In general, it is difficult to use Theorem 4 to show Γ is nonsingular. One would have to know μ, which generally is unknown because the population probability masses are unknown.

As in the previous example, however, one can assign random probability masses to one’s mass points to investigate the probability that the distribution sampled in one’s specific application has a nonsingular Γ. If a large number of probability assignments all produce a nonsingular Γ, this strongly suggests the population Γ for the distribution under investigation is nonsingular with high probability. This should make one much more comfortable about making this assumption.

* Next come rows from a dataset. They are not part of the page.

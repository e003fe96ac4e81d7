-- ===== src/Transaction/Preserves.antt =====
-- Invariants of the database: a predicate that holds after every call that returns if it held
-- before, and what such a call tells of the value that it returns. The rules follow the `do` blocks.
use vidalys_flow.Common.{◌≡◌, sym, ap, Bool, true, false, Option, none, some}
use mathlib.Core.Path.{subst}
use vidalys_flow.Transaction.{
  ok, Service, ◌>>=◌, ◌>>◌, pure, raise, gets, modify, raise_if, unless, or_raise, >>=-eq-ok,
  outcome_state, outcome_value, raise_if-bind,
}

pub record Preserves {S E A : Type 0} (I : S → Type 0) (m : Service S E A) : Type 0 where
  pub at : (s : S) (a : A) (s' : S) → I s → m s ≡ ok a s' → I s'

pub record Learns {S E A : Type 0} (I : S → Type 0) (m : Service S E A) (Q : A → Type 0)
    : Type 0 where
  pub at : (s : S) (a : A) (s' : S) → I s → m s ≡ ok a s' → I s' × Q a

module _ {S E : Type 0} (I : S → Type 0) where
  pub Preserves-pure : {A : Type 0} (a : A) → Preserves {E = E} I (pure a)
  Preserves-pure a = record { at = λ s b s' i h. subst I (sym (outcome_state h)) i }

  pub Preserves-raise : {A : Type 0} (e : E) → Preserves I (raise {A = A} e)
  Preserves-raise e = record { at = λ s b s' i h. cc }

  pub Preserves-gets : {A : Type 0} (g : S → A) → Preserves {E = E} I (gets g)
  Preserves-gets g = record { at = λ s b s' i h. subst I (sym (outcome_state h)) i }

  pub Preserves-modify : (g : S → S) → ((s : S) → I s → I (g s)) → Preserves {E = E} I (modify g)
  Preserves-modify g k = record { at = λ s b s' i h. subst I (sym (outcome_state h)) (k s i) }

  pub Preserves-unless : (b : Bool) (e : E) → Preserves I (unless b e)
  Preserves-unless true e = Preserves-pure tt
  Preserves-unless false e = Preserves-raise e

  pub Preserves-raise_if : (b : Bool) (e : E) → Preserves I (raise_if b e)
  Preserves-raise_if true e = Preserves-raise e
  Preserves-raise_if false e = Preserves-pure tt

  pub Preserves-or_raise : {A : Type 0} (o : Option A) (e : E) → Preserves I (or_raise o e)
  Preserves-or_raise none e = Preserves-raise e
  Preserves-or_raise (some a) e = Preserves-pure a

  pub Preserves-bind :
      {A B : Type 0} (m : Service S E A) (k : A → Service S E B)
      → Preserves I m
      → ((a : A) → Preserves I (k a))
      → Preserves I (m >>= k)
  Preserves-bind m k h hk = record {
    at = λ s b s' i e.
        let (a, t, first, second) = >>=-eq-ok m k s e in
        (hk a).at t b s' (h.at s a t i first) second;
  }

  pub Preserves-then :
      {A B : Type 0} (m : Service S E A) (k : Service S E B)
      → Preserves I m
      → Preserves I k
      → Preserves I (m >> k)
  Preserves-then m k h hk = Preserves-bind m (λ _. k) h (λ _. hk)

  -- A step whose value is known to satisfy a predicate.
  pub Preserves-learn :
      {A B : Type 0} {Q : A → Type 0} (m : Service S E A) (k : A → Service S E B)
      → Learns I m Q
      → ((a : A) → Q a → Preserves I (k a))
      → Preserves I (m >>= k)
  Preserves-learn m k h hk = record {
    at = λ s b s' i e.
        let (a, t, first, second) = >>=-eq-ok m k s e in
        let (i', q) = h.at s a t i first in (hk a q).at t b s' i' second;
  }

  -- What a test that was passed tells.
  pub Preserves-raise_if-then :
      {B : Type 0} (b : Bool) (e : E) (k : Service S E B)
      → (b ≡ false → Preserves I k)
      → Preserves I (raise_if b e >> k)
  Preserves-raise_if-then b e k hk = record {
    at = λ s a s' i h. let (p, rest) = raise_if-bind b e k s h in (hk p).at s a s' i rest;
  }

  pub Learns-bind :
      {A B : Type 0} {Q : B → Type 0} (m : Service S E A) (k : A → Service S E B)
      → Preserves I m
      → ((a : A) → Learns I (k a) Q)
      → Learns I (m >>= k) Q
  Learns-bind m k h hk = record {
    at = λ s b s' i e.
        let (a, t, first, second) = >>=-eq-ok m k s e in
        (hk a).at t b s' (h.at s a t i first) second;
  }

  pub Learns-chain :
      {A B : Type 0} {Q : A → Type 0} {R : B → Type 0} (m : Service S E A) (k : A → Service S E B)
      → Learns I m Q
      → ((a : A) → Q a → Learns I (k a) R)
      → Learns I (m >>= k) R
  Learns-chain m k h hk = record {
    at = λ s b s' i e.
        let (a, t, first, second) = >>=-eq-ok m k s e in
        let (i', q) = h.at s a t i first in (hk a q).at t b s' i' second;
  }

  pub Learns-pure : {A : Type 0} {Q : A → Type 0} (a : A) → Q a → Learns {E = E} I (pure a) Q
  Learns-pure {Q} a q = record {
    at = λ s b s' i h. (subst I (sym (outcome_state h)) i, subst Q (outcome_value h) q);
  }

  -- A row that is read, which is known by the invariant.
  pub Learns-read :
      {A : Type 0} {Q : A → Type 0} (f : S → Option A) (e : E)
      → ((s : S) (a : A) → I s → f s ≡ some a → Q a)
      → Learns I (gets f >>= λ o. or_raise o e) Q
  Learns-read {A} {Q} f e known = record { at = λ s a s' i h. go (f s) s a s' i h (known s a i) }
    where
      go :
          (o : Option A) (s : S) (a : A) (s' : S)
          → I s
          → or_raise o e s ≡ ok a s'
          → (o ≡ some a → Q a)
          → I s' × Q a
      go none s a s' i h k = cc
      go (some b) s a s' i h k = (subst I (sym (outcome_state h)) i, k (ap some (outcome_value h)))

  pub Learns-forget :
      {A : Type 0} {Q : A → Type 0} (m : Service S E A) → Learns I m Q → Preserves I m
  Learns-forget m h = record { at = λ s a s' i e. (h.at s a s' i e).0 }

pub ruleset preserves_rules = (
  Preserves-pure, Preserves-raise, Preserves-gets, Preserves-unless, Preserves-raise_if,
  Preserves-or_raise, Preserves-bind, Preserves-then, Preserves-modify,
)
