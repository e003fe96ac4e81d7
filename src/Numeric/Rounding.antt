-- ===== src/Numeric/Rounding.antt =====
-- The error of rounding, and when the context's rounding does nothing.
use vidalys_flow.Common.{ℕ, ◌+◌, ◌*◌, ◌≤◌, ◌<◌, ◌≡◌, refl, arith, lt→ltb}
use native.Mathlib.Nat.{div-mul-le_self, lt-div-mul-add}
use vidalys_flow.Numeric.{precision_limit, round_half_up, context_round}

-- The rounded quotient is the nearest one: it is off by at most half a unit, and a tie went up.
pub round_half_up_nearest :
    (n d : ℕ)
    → 0 < d
    → (2 * (round_half_up n d * d) ≤ 2 * n + d) × (2 * n < 2 * (round_half_up n d * d) + d)
unfolding round_half_up
round_half_up_nearest n d h =
    grind (arith, div-mul-le_self (2 * n + d) (2 * d), lt-div-mul-add {a = 2 * n + d} {b = 2 * d})

-- A number that the unit divides is not changed.
pub round_half_up_exact : (q d : ℕ) → 0 < d → round_half_up (q * d) d ≡ q
unfolding round_half_up
round_half_up_exact q d h = grind arith

pub context_round_short : (n : ℕ) → n < precision_limit → context_round n ≡ n
unfolding context_round
context_round_short n h = rw (lt→ltb n precision_limit h, context_round) refl
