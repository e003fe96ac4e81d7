-- ===== src/Orders.antt =====
-- The orders application: apps/orders.
pub mod Calculations
pub mod Tables
pub mod Transitions
pub mod Snapshots
pub mod Numbering
pub mod Errors
pub mod Services
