-- ===== src/Orders/Calculations.antt =====
-- apps/orders/calculations.py: the amounts of a line and of an order, in cents and thousandths.
pub mod Laws
use vidalys_flow.Common.{
  ℕ, zero, suc, ◌+◌, ◌-◌, ◌*◌, ◌≡◌, refl, Bool, true, false, ◌||◌, Option, none, some, List, [],
  ◌∷◌, sum_of, ltb, leb, ◌==◌, if◌then◌else◌,
}
use vidalys_flow.Numeric.{
  ℤ, pos, negsuc, sub_ℕ, Decimal, precision_limit, context_round, round_half_up, quantize,
}

-- What a calculation raises: `ValueError` with one of its three messages, or the
-- `InvalidOperation` of `decimal` where a result has more than 28 digits.
pub data AmountError : Type 0 where
  quantity_not_positive negative_amount discount_above_gross invalid_operation : AmountError

-- A calculation that raises, or has its value.
pub data Amount (A : Type 0) : Type 0 where
  refused : AmountError → Amount A
  valued : A → Amount A

module _ {A B : Type 0} where
  infixl 5 ◌>>=◌
  abbrev pub ◌>>=◌ : Amount A → (A → Amount B) → Amount B
  ◌>>=◌ m next = elim m [ refused why ↦ refused why | valued a ↦ next a ]

  -- The value that a calculation goes on from, where the whole has one.
  pub >>=-eq-valued :
      (m : Amount A) (next : A → Amount B) {b : B}
      → (m >>= next) ≡ valued b
      → (a : A) × (m ≡ valued a) × (next a ≡ valued b)
  >>=-eq-valued (refused why) next whole = cc
  >>=-eq-valued (valued a) next whole = (a, refl, whole)

infixl 5 ◌>>◌
abbrev pub ◌>>◌ : {B : Type 0} → Amount (Unit {0}) → Amount B → Amount B
check >> after = check >>= λ _. after

abbrev pub raise_if : Bool → AmountError → Amount (Unit {0})
raise_if true e = refused e
raise_if false e = valued tt

abbrev pub or_invalid : {A : Type 0} → Option A → Amount A
or_invalid none = refused invalid_operation
or_invalid (some a) = valued a

-- `money` and `quantity` of a decimal.
unfoldable pub money : Decimal → Amount ℤ
money value = or_invalid (quantize 2 value)

unfoldable pub quantity : Decimal → Amount ℤ
quantity value = or_invalid (quantize 3 value)

-- `money` of an amount that is a whole number of cents already.
unfoldable pub money_of_cents : ℕ → Amount ℕ
money_of_cents cents = if ltb cents precision_limit then valued cents else refused invalid_operation

-- `money(quantity * price)`: thousandths by cents, in the context's precision.
unfoldable pub money_of_product : ℕ → ℕ → Amount ℕ
unfolding money_of_cents
money_of_product thousandths cents =
    money_of_cents (round_half_up (context_round (thousandths * cents)) 1000)

pub record LineAmounts : Type 0 where
  pub quantity : ℕ  -- thousandths
  pub unit_price : ℕ  -- cents, as those below
  pub gross_total : ℕ
  pub discount_amount : ℕ
  pub surcharge_amount : ℕ
  pub total : ℕ

-- `value <= 0` raises.
abbrev pub positive : ℤ → Amount ℕ
positive (pos zero) = refused quantity_not_positive
positive (pos (suc n)) = valued (suc n)
positive (negsuc n) = refused quantity_not_positive

-- `value < 0` raises.
abbrev pub non_negative : ℤ → Amount ℕ
non_negative (pos n) = valued n
non_negative (negsuc n) = refused negative_amount

-- The checks on normalized amounts, and the line.
unfoldable pub line_of : ℤ → ℤ → ℤ → ℤ → Amount LineAmounts
line_of item_quantity unit_price discount surcharge = do
  q ← positive item_quantity
  p ← non_negative unit_price
  d ← non_negative discount
  s ← non_negative surcharge
  gross ← money_of_product q p
  raise_if (ltb gross d) discount_above_gross
  total ← money_of_cents (gross - d + s)
  valued (record {
    quantity = q;
    unit_price = p;
    gross_total = gross;
    discount_amount = d;
    surcharge_amount = s;
    total = total;
  })

unfoldable pub calculate_line : Decimal → Decimal → Decimal → Decimal → Amount LineAmounts
unfolding quantity money
calculate_line item_quantity unit_price discount_amount surcharge_amount = do
  q ← quantity item_quantity
  p ← money unit_price
  d ← money discount_amount
  s ← money surcharge_amount
  line_of q p d s

-- The three columns of an item that the order adds up.
pub record ItemAmounts : Type 0 where
  pub gross_total : ℕ
  pub discount_amount : ℕ
  pub surcharge_amount : ℕ

pub record OrderAmounts : Type 0 where
  pub subtotal : ℕ
  pub discount_total : ℕ
  pub surcharge_total : ℕ
  pub total : ℤ

-- `money` of a difference of cents, which may be negative.
unfoldable pub money_of_signed : ℤ → Amount ℤ
money_of_signed (pos n) =
    if ltb n precision_limit then valued (pos n) else refused invalid_operation
money_of_signed (negsuc n) =
    if ltb (suc n) precision_limit then valued (negsuc n) else refused invalid_operation

unfoldable pub calculate_order : List ItemAmounts → Amount OrderAmounts
unfolding money_of_cents money_of_signed
calculate_order items = do
  subtotal ← money_of_cents (sum_of (λ i. i.gross_total) items)
  discount_total ← money_of_cents (sum_of (λ i. i.discount_amount) items)
  surcharge_total ← money_of_cents (sum_of (λ i. i.surcharge_amount) items)
  total ← money_of_signed (sub_ℕ (subtotal + surcharge_total) discount_total)
  valued (record {
    subtotal = subtotal;
    discount_total = discount_total;
    surcharge_total = surcharge_total;
    total = total;
  })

A somewhat anecdotal argument for non-singularity of Γ is that it took the authors a long time to find any set of mass points and a probability assignment that would produce a singular Γ. If the mass points are a 3 by 3 array rather than a 2 by 3 array, for example, uniform probabilities give a nonsingular Γ.

5 Discussion

We have shown the asymptotic covariance matrix Γ used in covariance structural analysis and structural equation modeling of nonnormal data is generally nonsingular. This is important because this assumption is used to obtain standard errors and goodness of fit tests in standard statistical software.

To date there have been no conditions identified that guarantee or even motivate this nonsingularity assumption in the nonparametric context. Theorem 3 shows that, when sampling from a non-singular distribution, Γ must be nonsingular. The nonsingularity of Γ in the discrete case depends on the probabilities of the mass points in the population sampled. When these are known, Theorem 4 can be used to determine the nonsingularity of Γ. In general, however, they are not known. When this is the case, Theorem 4 can be used to investigate the likelihood that Γ is nonsingular. Our results make one much more comfortable about assuming Γ is nonsingular.

We conjecture that in the discrete case Γ is nonsingular with probability one whenever probability masses are assigned randomly. Our numerical example strongly suggests this is true, but at present we have no proof.